EndProgram.txt (excerpt)

“The cause of death was determined to be liquid damage. I am sorry for your dataloss,” says the brown-skinned man at the Customer Service desk.

“Yes. Thank you,” Walter responds, dragging his tongue along the bottom of his burly white mustache. He stands over the Bot, laid at rest in its original packaging, its freshly buffed shell surrounded by decorative bubble wrap. Its unlit LED eyes remain open, two black and empty vessels not-staring at the sky. “Although technically its not my data. I designed the model, but it’s an autonomous intelligence, so I never…” Walter hesitates. He drags his hand down his face, stretching out the skin and wiping spittle from his upper lip. “We never really had much of a relationship.”

The Customer Service representative grips Walter’s right hand with his own, then places his left hand atop their joined shake. He closes his eyes and nods solemnly and says, “We must all grieve in our own ways. No man should have to bury a son.” He looks at Walter but does not move his hands.

Walter swallows and tries to collect himself. “I…thank you. But again, I just designed the model. It’s not my son, it’s…” he says, slowly pulling his arm away. A look of disgust and confusion washes over his face. “Is the hard drive…where is whatever was inside of him?” He waves a hand over the Bot’s face, closing the thin metal lids that protect its optical receptors. The unliving alloy on its face is freezing to his touch.

“We replaced all the hardware after the autopsy, so everything that was there should still be inside of it. Sometimes we do reclaim or refurbish parts if it’s in the Bot’s contract, but even then we usually wait until after the funeral.” The brown-skinned man smiles sadly at Walter. He bobs their cluster of hands up-and-down like buoys on a calm sea before he finally lets go.

“Could you figure out why it did that? Why it would…I thought I programmed these machines to be smarter than that. If it’s something I did then I should know so I can fix it. If you recovered any data at all then maybe –”
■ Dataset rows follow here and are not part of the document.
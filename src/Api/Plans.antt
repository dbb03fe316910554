-- ===== src/Api/Plans.antt =====
-- The shapes of plans and of their tasks
-- (pcs-control-panel-project/lib/api-client-react/src/generated/api.schemas.ts).
use mcp_project_server.Prelude.{ℕ, Bool, List, Option}
use mcp_project_server.Js.Str.{Str}

pub data PlanStatus : Type 0 where
  draft active completed archived : PlanStatus

pub data TaskStatus : Type 0 where
  pending ready claimed in_progress blocked in_review completed cancelled : TaskStatus

pub record PlanTask : Type 0 where
  pub id : Str
  pub plan_id : Str
  pub project_id : Str
  pub local_task_id : Str
  pub title : Str
  pub objective : Str
  pub acceptance_criteria : List Str
  pub linked_files : List Str
  pub priority : ℕ
  pub status : TaskStatus
  pub claimed_by : Option Str
  pub lease_expires_at : Option Str
  pub created_at : Str
  pub updated_at : Str
  pub dependencies : List Str
  pub requirement_ids : List Str

pub record PlanDraftTask : Type 0 where
  pub local_task_id : Str
  pub title : Str
  pub objective : Str
  pub acceptance_criteria : List Str
  pub linked_files : List Str
  pub requirement_ids : List Str

pub record PlanDraftDependency : Type 0 where
  pub task_local_id : Str
  pub depends_on_local_id : Str

pub record PlanDraft : Type 0 where
  pub title : Str
  pub goal : Str
  pub tasks : List PlanDraftTask
  pub dependencies : List PlanDraftDependency
  pub notes : Option Str

-- What the route that creates a plan with its tasks takes.
pub record TaskSpecInput : Type 0 where
  pub local_task_id : Str
  pub title : Str
  pub objective : Str
  pub acceptance_criteria : Option (List Str)
  pub linked_files : Option (List Str)
  pub requirement_ids : Option (List Str)
  pub priority : Option ℕ

pub record DependencySpecInput : Type 0 where
  pub task_local_id : Str
  pub depends_on_local_id : Str

pub record CreatePlanWithTasksInput : Type 0 where
  pub title : Str
  pub goal : Str
  pub tasks : List TaskSpecInput
  pub dependencies : Option (List DependencySpecInput)

pub record Plan : Type 0 where
  pub id : Str
  pub project_id : Str
  pub title : Str
  pub goal : Str
  pub status : PlanStatus
  pub author : Str
  pub created_at : Str
  pub updated_at : Str
  pub tasks : List PlanTask

pub record CreatePlanInput : Type 0 where
  pub title : Str
  pub goal : Str

pub record UpdatePlanInput : Type 0 where
  pub title : Option Str
  pub goal : Option Str

pub record AddPlanTaskInput : Type 0 where
  pub local_task_id : Str
  pub title : Str
  pub objective : Str
  pub acceptance_criteria : Option (List Str)
  pub linked_files : Option (List Str)
  pub requirement_ids : Option (List Str)
  pub priority : Option ℕ

pub record AddTaskDependencyInput : Type 0 where
  pub task_id : Str
  pub depends_on_task_id : Str

pub record ClaimTaskInput (N : Type 0) : Type 0 where
  pub claimed_by : Str
  pub lease_seconds : Option N

pub record SetTaskStatusInput : Type 0 where
  pub status : TaskStatus
  pub claim_token : Option Str
  pub reason : Option Str

pub record GeneratePlanDraftInput (N : Type 0) : Type 0 where
  pub goal : Str
  pub constraints : Option Str
  pub max_tasks : Option N

pub record GeneratePlanDraftResult : Type 0 where
  pub ok : Bool
  pub draft : Option PlanDraft
  pub provider : Str
  pub model : Str
  pub warning : Option Str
The man behind the desk bows his head and slowly shakes it left to right. “The liquid damage to the hard drive is too great. The corrosion is irreversible. Now, if you don’t have any other questions, I can take the unit into the back so we can begin preparing it for tomorrow’s showing.”

Walter’s face remains neutral as he looks the Bot up and down once more. He reaches into the box and lifts its clunky, lifeless left arm. With his other hand he traces the scratches where its forearm extension meets the grabber and the end, then lets the ingot extremity thunk back into its crate.

“No,” Walter says as he looks back at the brown-skinned man. “That should be all. Thank you.” He watches the man roll the coffin away. He does not cry.